Avoiding duplicate records


(Boris Goldowsky) #1

I am using the logstash JDBC input plugin to push new rows from a database query into Elasticsearch, updating any old items that have changed. I'd like to avoid duplicates, so I tried to use an "upsert" pattern:

output {
elasticsearch {
hosts => "http://....:9200"
index => "snudle-qa-event-%{+YYYY.MM.dd}"
action => "update"
doc_as_upsert => true
document_id => "%{id}"
}
}

However, I am still seeing duplicates - in addition to the records with my database IDs, there are some additional records with random-looking new Id values, eg: AV7dtU2XQygf4KBYvrIq .

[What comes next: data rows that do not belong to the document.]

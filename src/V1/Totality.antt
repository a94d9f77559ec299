-- ===== src/V1/Totality.antt =====
-- source/v1/engine.cpp: the parser's loop ends, in a valid engine that goes on reading.
use stunning_waddle.Base.{
  ℕ, zero, suc, ◌-◌, ◌<◌, ◌≤◌, inr, [], ◌∷◌, ◌++◌, Option, none, some, Bytes, length, arith,
  is_empty, refl, if_intro, length-append,
}
use stunning_waddle.V1.State.{Engine, input_capacity}
use stunning_waddle.V1.Parse.{
  Turn, again, return, compact, turn, parse_loop, parse_from, parse_available,
}
use stunning_waddle.V1.Input.{input_begin, input_end}
use stunning_waddle.V1.Validity.{IsValid}
use stunning_waddle.V1.Turns.{HasRoom, TurnOk, turn-Ok}

-- An operation that returns, in a valid engine that takes input unless it is blocked.
abbrev pub Returns : Option Engine → Type 0
Returns none = ⊥
Returns (some e) = IsValid e × HasRoom e

compact-Returns : (e : Engine) → IsValid e → Returns (some (compact e []))
unfolding compact
compact-Returns e v = (
  record { closed = v.closed; quiet = v.quiet; positive = v.positive; fits = omega arith },
  inr (omega arith),
)

-- How the loop goes on behind a turn, when it returns on fewer bytes.
goes_on :
    (next : Engine → Bytes → Option Engine) (n : ℕ)
    → n ≤ input_capacity
    → ((e : Engine) (rest : Bytes)
        → length rest < n
        → IsValid e
        → length rest ≤ input_capacity
        → Returns (next e rest))
    → (t : Turn) → TurnOk n t
    → Returns (elim t [ again rest e ↦ next e rest | return e ↦ some e ])
goes_on next n fits ih (again rest e) (less, v) = ih e rest less v (omega arith)
goes_on next n fits ih (return e) ok = ok

parse_loop-Returns :
    (fuel : ℕ) (e : Engine) (rest : Bytes)
    → length rest ≤ fuel
    → IsValid e
    → length rest ≤ input_capacity
    → Returns (parse_loop fuel e rest)
unfolding parse_loop
parse_loop-Returns zero e [] h v fits = compact-Returns e v
parse_loop-Returns (suc fuel) e [] h v fits = compact-Returns e v
parse_loop-Returns zero e (b ∷ rest) h v fits = absurd (omega arith)
parse_loop-Returns (suc fuel) e (b ∷ rest) h v fits =
    goes_on (parse_loop fuel) (length (b ∷ rest)) fits
      (λ e' rest' less. parse_loop-Returns fuel e' rest' (omega arith)) (turn e (b ∷ rest))
      (turn-Ok e b rest e.state refl v fits)

pub parse_available-Returns : (e : Engine) → IsValid e → Returns (parse_available e)
unfolding parse_available parse_from
parse_available-Returns e v =
    parse_loop-Returns (length e.input_buffer) e e.input_buffer (omega arith) v v.fits

pub longer-IsValid :
    (e : Engine) (bytes : Bytes)
    → IsValid e
    → length bytes ≤ input_capacity - length e.input_buffer
    → IsValid (record e { input_buffer = e.input_buffer ++ bytes })
longer-IsValid e bytes v h = record {
  closed = v.closed;
  quiet = v.quiet;
  positive = v.positive;
  fits = omega (arith, length-append e.input_buffer bytes, v.fits);
}

-- What the caller received fits the span of `input_begin`. Then `input_end` returns, whatever the
-- bytes are. The engine is valid again: it is done exactly when the connection is, has no exchange
-- in flight then, and any body that it is reading has bytes to come. If it took input before, it
-- offers room for more, unless the connection is done or a response has to be sent first.
pub input_end-HasRoom :
    (e : Engine) (bytes : Bytes)
    → IsValid e
    → HasRoom e
    → length bytes ≤ input_begin e
    → Returns (input_end e bytes)
unfolding input_end input_begin
input_end-HasRoom e bytes v room h =
    if_intro Returns (is_empty bytes) _ _ (λ _. (v, room))
      (λ _. parse_available-Returns _ (longer-IsValid e bytes v h))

Any clues what I am doing wrong?


(Magnus Bäck) #2

Wild guess: Do you have any extra files in /etc/logstash/conf.d (or wherever your configuration files are stored)?

With the configuration you've shown, the document id will always be identical to the contents of the id field.


(Boris Goldowsky) #3

Hm, there's my project.conf file, a project.conf~ and a project.conf.bak representing previous versions. Would those get read? I'm used to apache, which only considers files with the expected .conf suffix.


(Magnus Bäck) #4

Would those get read?

Yes. I think Logstash 6.0 only reads *.conf though.


(system) #5

This topic was automatically closed 28 days after the last reply. New replies are no longer allowed.